START Entries supplied

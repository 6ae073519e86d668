-- ===== src/Number/Radix.antt =====
-- number.c: numbers in other bases.
pub mod Defs
pub mod Add
pub mod Text
pub mod Parse
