-- ===== src/Vm/Elements.antt =====
-- vm.c: perform_len, get_elem_at, get_elem_ptr_at and check_dict_keys; list.h and dict.c, dict.h: what
-- they call of lists and dicts.
use mathlib.Core.Option
use calx.Base.{
  ℕ, Option, none, some, List, [], ◌∷◌, ◌++◌, get_elem?, get_or, set, length, ltb, ◌==◌,
  if◌then◌else◌,
}
use calx.Number.Convert.Defs.{number_new_from_zu, number_to_zu}
use calx.Number.Deci.{Deci}
use calx.Str.Defs.{String, string_new}
use calx.Vm.Aop.{made}
use calx.Vm.State.{State, Object, list_object, dict_object, found}
use calx.Vm.Values.{
  Value, num, str, nil, list, dict, kind, attempt_to_compute_length, attempt_to_index,
  index_list_with, index_dict_with, index_string_with, dict_with_key, insert_past_the_end,
  strings_are_immutable, Perform, result, failed, stuck, ◌>>=◌,
}
use calx.Xht.Defs.{Xht, xht_size, xht_get, xht_put}

-- the pointer to an element that get_elem_ptr_at returns
pub data Place : Type 0 where
  -- the address of the list or of the dict, and the index of the element or of the item
  list_place dict_place : ℕ → ℕ → Place

unfoldable pub list_at : State → ℕ → Perform (List Value)
list_at state p = elim (get_elem? state.objects p) [ some (list_object vs) ↦ result vs | _ ↦ stuck ]

unfoldable pub dict_at : State → ℕ → Perform (Xht (Option Value))
dict_at state p = elim (get_elem? state.objects p) [ some (dict_object ht) ↦ result ht | _ ↦ stuck ]

unfoldable pub set_object : State → ℕ → Object → State
set_object state p o = record state { objects = set state.objects p o }

unfoldable pub set_value : Xht (Option Value) → ℕ → Value → Xht (Option Value)
set_value ht i v = elim (get_elem? ht.items i) [
  | none ↦ ht
  | some item ↦ record ht { items = set ht.items i (record item { value = some v }) }
]

unfoldable pub item_value : Xht (Option Value) → ℕ → Option Value
item_value ht i = Option.bind (get_elem? ht.items i) (λ item. item.value)

unfoldable pub or_nil : Option Value → Value
or_nil none = nil
or_nil (some v) = v

-- the item of the key; a new item has nil as its value
unfoldable pub dict_get_ptr : Xht (Option Value) → String → Xht (Option Value) × ℕ
unfolding set_value item_value or_nil
dict_get_ptr ht key =
    let (ht', i) = xht_put ht key.bytes key.hash none in
    (set_value ht' i (or_nil (item_value ht' i)), i)

-- keys and values in turn; the keys are strings
unfoldable pub dict_new_steal : Xht (Option Value) → List Value → Xht (Option Value)
unfolding set_value
dict_new_steal ht (str key ∷ v ∷ kv) =
    let (ht', i) = xht_put ht key.bytes key.hash none in dict_new_steal (set_value ht' i v) kv
dict_new_steal ht _ = ht

unfoldable pub check_dict_keys : List Value → Perform (Unit {0})
unfolding kind
check_dict_keys [] = result tt
check_dict_keys (str key ∷ v ∷ kv) = check_dict_keys kv
check_dict_keys (k ∷ v ∷ kv) = failed (dict_with_key (kind k))
check_dict_keys (k ∷ []) = stuck

unfoldable pub read_place : State → Place → Perform Value
unfolding list_at dict_at item_value found
read_place state (list_place p i) = do vs ← list_at state p; found (get_elem? vs i)
read_place state (dict_place p i) = do ht ← dict_at state p; found (item_value ht i)

unfoldable pub write_place : State → Place → Value → Perform State
unfolding list_at dict_at set_object set_value
write_place state (list_place p i) v = do
  vs ← list_at state p
  result (set_object state p (list_object (set vs i v)))
write_place state (dict_place p i) v = do
  ht ← dict_at state p
  result (set_object state p (dict_object (set_value ht i v)))

module _ (d : Deci) where
  unfoldable pub perform_len : State → Value → Perform Value
  unfolding made list_at dict_at kind
  perform_len state (list p) = do vs ← list_at state p; made (number_new_from_zu d (length vs))
  perform_len state (dict p) = do ht ← dict_at state p; made (number_new_from_zu d (xht_size ht))
  perform_len state (str s) = made (number_new_from_zu d (length s.bytes))
  perform_len state v = failed (attempt_to_compute_length (kind v))

  unfoldable pub get_elem_at : State → Value → Value → Perform Value
  unfolding list_at dict_at or_nil kind
  get_elem_at state (list p) (num n) = do
    vs ← list_at state p
    result (get_or vs (number_to_zu d n) nil)
  get_elem_at state (list p) i = failed (index_list_with (kind i))
  get_elem_at state (dict p) (str key) = do
    ht ← dict_at state p
    result (or_nil (xht_get ht key.bytes key.hash none))
  get_elem_at state (dict p) i = failed (index_dict_with (kind i))
  get_elem_at state (str s) (num n) = result (elim (get_elem? s.bytes (number_to_zu d n)) [
    | none ↦ nil
    | some c ↦ str (string_new (c ∷ []))
  ])
  get_elem_at state (str s) i = failed (index_string_with (kind i))
  get_elem_at state c i = failed (attempt_to_index (kind c))

  -- one past the end a list grows by nil
  unfoldable pub list_ptr : State → ℕ → List Value → ℕ → Perform (State × Place)
  unfolding set_object
  list_ptr state p vs idx =
      if idx == length vs
      then result (set_object state p (list_object (vs ++ nil ∷ [])), list_place p idx)
      else if ltb (length vs) idx
      then failed insert_past_the_end
      else result (state, list_place p idx)

  unfoldable pub get_elem_ptr_at : State → Value → Value → Perform (State × Place)
  unfolding list_at dict_at list_ptr dict_get_ptr set_object kind
  get_elem_ptr_at state (list p) (num n) = do
    vs ← list_at state p
    list_ptr state p vs (number_to_zu d n)
  get_elem_ptr_at state (list p) i = failed (index_list_with (kind i))
  get_elem_ptr_at state (dict p) (str key) = do
    ht ← dict_at state p
    let (ht', i) = dict_get_ptr ht key
    result (set_object state p (dict_object ht'), dict_place p i)
  get_elem_ptr_at state (dict p) i = failed (index_dict_with (kind i))
  get_elem_ptr_at state (str s) i = failed strings_are_immutable
  get_elem_ptr_at state c i = failed (attempt_to_index (kind c))
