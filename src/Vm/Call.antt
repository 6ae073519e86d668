-- ===== src/Vm/Call.antt =====
-- vm.c: do_call with do_call_scatter, do_call_gather and do_call_coerce, and OP_RETURN.
use mathlib.Core.List.{reverse}
use calx.Base.{
  ℕ, ◌+◌, ◌-◌, ◌^◌, Bool, true, false, Option, none, some, List, [], ◌∷◌, ◌++◌, get_elem?, length,
  take, drop, replicate, ltb, ◌==◌, not, if◌then◌else◌,
}
use calx.Vm.Elements.{list_at}
use calx.Vm.State.{
  State, RuntimeInfo, CallSite, Shape, list_object, cfunc_object, alloc, func_at, func_shape,
}
use calx.Vm.Values.{
  Value, nil, list, func, cfunc, kind, cannot_scatter, attempt_to_call, wrong_number_of_arguments,
  expected_at_least, Perform, result, failed, stuck, ◌>>=◌,
}

-- the list on top gives way to its elements, and their number is returned
unfoldable pub do_call_scatter : State → List Value → Perform (List Value × ℕ)
unfolding kind
do_call_scatter state [] = stuck
do_call_scatter state (list p ∷ vs) = do xs ← list_at state p; result (reverse xs ++ vs, length xs)
do_call_scatter state (v ∷ vs) = failed (cannot_scatter (kind v))

-- the top n values give way to a list of them
unfoldable pub do_call_gather : State → List Value → ℕ → State × List Value
unfolding alloc
do_call_gather state vs n =
    let (s, p) = alloc state (list_object (reverse (take n vs))) in (s, list p ∷ drop n vs)

-- nargs_encoded is negative as an int32_t where the last argument gathers the rest
unfoldable pub do_call_coerce : State → List Value → ℕ → ℕ → Perform (State × (List Value × ℕ))
unfolding do_call_gather
do_call_coerce state vs nargs_encoded nargs =
    let least = 2 ^ 32 - 1 - nargs_encoded in
    let (s, vs') = do_call_gather state vs (nargs - least) in
    if ltb nargs_encoded (2 ^ 31)
    then (if not (nargs == nargs_encoded)
        then failed (wrong_number_of_arguments nargs_encoded nargs)
        else result (state, (vs, nargs)))
    else if ltb nargs least
    then failed (expected_at_least least nargs)
    else result (s, (vs', least + 1))

-- what a callee starts with: the call site, nil for the locals that are no arguments
unfoldable pub entered : RuntimeInfo → ℕ → ℕ × ℕ → Shape → List Value → ℕ → RuntimeInfo
entered rti p f shape args nargs =
    let vs = replicate (shape.nlocals - nargs) nil ++ args in
    let site : CallSite = record {
      call_ip = some rti.ip;
      callee = p;
      prev_consts = rti.consts;
      prev_locals_offset = rti.locals;
    } in
    record {
      vs = vs;
      cs = site ∷ rti.cs;
      ip = f.1;
      locals = length vs - shape.nlocals;
      consts = f.0;
    }

unfoldable pub enter :
    RuntimeInfo → ℕ → ℕ × ℕ → Shape → State → List Value → ℕ → Perform (State × RuntimeInfo)
unfolding entered
enter rti p f shape state args nargs =
    if ltb shape.nlocals nargs then stuck else result (state, entered rti p f shape args nargs)

unfoldable pub call_func : State → RuntimeInfo → ℕ → ℕ → Perform (State × RuntimeInfo)
unfolding func_shape func_at do_call_coerce enter
call_func state rti p nargs = do
  f ← func_at state p
  shape ← func_shape state p
  coerced ← do_call_coerce state rti.vs shape.nargs_encoded nargs
  enter rti p f shape coerced.0 coerced.1.0 coerced.1.1

-- the values that are on the stack at a call, and how many of them are arguments
unfoldable pub call_args : State → List Value → Bool → ℕ → Perform (List Value × ℕ)
unfolding do_call_scatter
call_args state vs false nargs = result (vs, nargs)
call_args state vs true nargs = do r ← do_call_scatter state vs; result (r.0, nargs + r.1 - 1)

-- A native function gives the state that it leaves, also where it throws.
module _ (natives : ℕ → State → List Value → State × Perform Value) where
  -- the arguments in their order
  unfoldable pub call_native : State → RuntimeInfo → ℕ → ℕ → State × Perform RuntimeInfo
  call_native state rti p nargs = elim (get_elem? state.objects p) [
    | some (cfunc_object k) ↦
        let r = natives k state (reverse (take nargs rti.vs)) in
        (r.0, r.1 >>= (λ v. result (record rti { vs = v ∷ drop (nargs + 1) rti.vs })))
    | _ ↦ (state, stuck)
  ]

  -- an error leaves the state as it was
  unfoldable pub or_same : State → Perform (State × RuntimeInfo) → State × Perform RuntimeInfo
  or_same state (result r) = (r.0, result r.1)
  or_same state (failed m) = (state, failed m)
  or_same state stuck = (state, stuck)

  unfoldable pub call_value : State → RuntimeInfo → Value → ℕ → State × Perform RuntimeInfo
  unfolding call_func call_native or_same kind
  call_value state rti (func p) nargs = or_same state (call_func state rti p nargs)
  call_value state rti (cfunc p) nargs = call_native state rti p nargs
  call_value state rti v nargs = (state, failed (attempt_to_call (kind v)))

  -- the value below the arguments is called
  unfoldable pub call_below : State → RuntimeInfo → List Value × ℕ → State × Perform RuntimeInfo
  unfolding call_value
  call_below state rti args = elim (get_elem? args.0 args.1) [
    | none ↦ (state, stuck)
    | some v ↦ call_value state (record rti { vs = args.0 }) v args.1
  ]

  unfoldable pub do_call : State → RuntimeInfo → Bool → ℕ → State × Perform RuntimeInfo
  unfolding call_args call_below
  do_call state rti scatter nargs = elim (call_args state rti.vs scatter nargs) [
    | result args ↦ call_below state rti args
    | failed m ↦ (state, failed m)
    | stuck ↦ (state, stuck)
  ]

-- OP_RETURN: the frame of the callee gives way to the value; `none` is the return from state_eval
unfoldable pub pop_frame :
    RuntimeInfo
    → CallSite
    → List CallSite
    → Value
    → List Value
    → Shape
    → Perform (RuntimeInfo × Option ℕ)
pop_frame rti site cs v vs shape =
    let rti' : RuntimeInfo = record {
      vs = v ∷ drop (shape.nlocals + 1) vs;
      cs = cs;
      ip = rti.ip;
      locals = site.prev_locals_offset;
      consts = site.prev_consts;
    } in
    if ltb (length vs) (shape.nlocals + 1) then stuck else result (rti', site.call_ip)

unfoldable pub return_from :
    State → RuntimeInfo → List CallSite → List Value → Perform (RuntimeInfo × Option ℕ)
unfolding func_shape pop_frame
return_from state rti [] vs = stuck
return_from state rti (site ∷ cs) [] = stuck
return_from state rti (site ∷ cs) (v ∷ vs) =
    func_shape state site.callee >>= pop_frame rti site cs v vs

unfoldable pub do_return : State → RuntimeInfo → Perform (RuntimeInfo × Option ℕ)
unfolding return_from
do_return state rti = return_from state rti rti.cs rti.vs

END Entries supplied

## Exercise goal
Where the string "Defs" occurs in a line of the listing, copy the line.

## Expected answer
pub mod Defs
use calx.Number.Convert.Defs.{number_new_from_zu, number_to_zu}
use calx.Str.Defs.{String, string_new}
use calx.Xht.Defs.{Xht, xht_size, xht_get, xht_put}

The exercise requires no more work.